REQUIRED ACTION
The required output is the lines below from the line containing "three_lines = codes" to the line containing "pub mod Cpu", inclusive, retyped exactly. No other lines belong in it.

Dataset records
■ ■ ■ ■

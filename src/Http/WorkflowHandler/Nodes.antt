-- ===== src/Http/WorkflowHandler/Nodes.antt =====
-- The nodes of internal/api/handler/workflow_graph.go.
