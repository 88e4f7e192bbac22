-- ===== src/Notification.antt =====
-- internal/notification: alerts about failed Jobs. Event makes an event of a Job, Queue keeps the
-- events that wait and the ids that were handled, Workers lets two workers take them, Delivery
-- sends one, Transport says what an answer of the receiver means.
pub mod Event
pub mod Queue
pub mod Workers
pub mod Transport
pub mod Delivery
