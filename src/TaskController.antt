-- ===== src/TaskController.antt =====
-- internal/controller/task_controller.go: the reconciler that runs a task by Kubernetes Jobs.
pub mod Jobs
pub mod Sync
pub mod Finished
pub mod Handlers
pub mod Reconcile
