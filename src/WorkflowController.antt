-- ===== src/WorkflowController.antt =====
-- internal/controller/workflow_controller.go: the reconciler that runs a workflow's DAG by child tasks.
pub mod Nodes
pub mod Status
pub mod Children
pub mod Advance
pub mod Reconcile
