-- ===== src/Examples/Words.antt =====
-- A program of three lines.
use amalgam_asm.Base.{List, ◌+◌, ◌≡◌, refl, true, Option, some, length}
use amalgam_asm.Base.Text.{Text, codes}
use amalgam_asm.Asm.State.{ok}
use amalgam_asm.Asm.Lexer.{Line, helper_file_parse}
use amalgam_asm.Asm.Lexer.Pieces.{newlines, unquoted}
use amalgam_asm.Asm.Lexer.Lines.{helper_file_parse-ends, helper_file_parse-newlines}

abbrev three_lines : Text
three_lines = codes "start: mov r1, r2 ; copy\n\nhalt # end"

unquoted-three_lines : unquoted three_lines ≡ true
unfolding unquoted
unquoted-three_lines = refl

helper_file_parse-ends_example :
    (o : Option (List Line)) × (helper_file_parse (codes "a \"b") ≡ ok o)
helper_file_parse-ends_example = helper_file_parse-ends (codes "a \"b")

helper_file_parse-newlines_example :
    (ls : List Line) × (helper_file_parse three_lines ≡ ok (some ls))
    × (length ls ≡ newlines three_lines + 1)
helper_file_parse-newlines_example = helper_file_parse-newlines three_lines unquoted-three_lines
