-- ===== src/Kyanite.antt =====
-- The devices of the Kyanite "Legacy" machine: src/kyanite_legacy.c and aasm/kyanite.
pub mod Bus
pub mod Cpu
pub mod Timer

■ ■ ■ ■

TASK RESULT
three_lines = codes "start: mov r1, r2 ; copy\n\nhalt # end"

unquoted-three_lines : unquoted three_lines ≡ true
unfolding unquoted
unquoted-three_lines = refl

helper_file_parse-ends_example :
    (o : Option (List Line)) × (helper_file_parse (codes "a \"b") ≡ ok o)
helper_file_parse-ends_example = helper_file_parse-ends (codes "a \"b")

helper_file_parse-newlines_example :
    (ls : List Line) × (helper_file_parse three_lines ≡ ok (some ls))
    × (length ls ≡ newlines three_lines + 1)
helper_file_parse-newlines_example = helper_file_parse-newlines three_lines unquoted-three_lines
-- ===== src/Kyanite.antt =====
-- The devices of the Kyanite "Legacy" machine: src/kyanite_legacy.c and aasm/kyanite.
pub mod Bus
pub mod Cpu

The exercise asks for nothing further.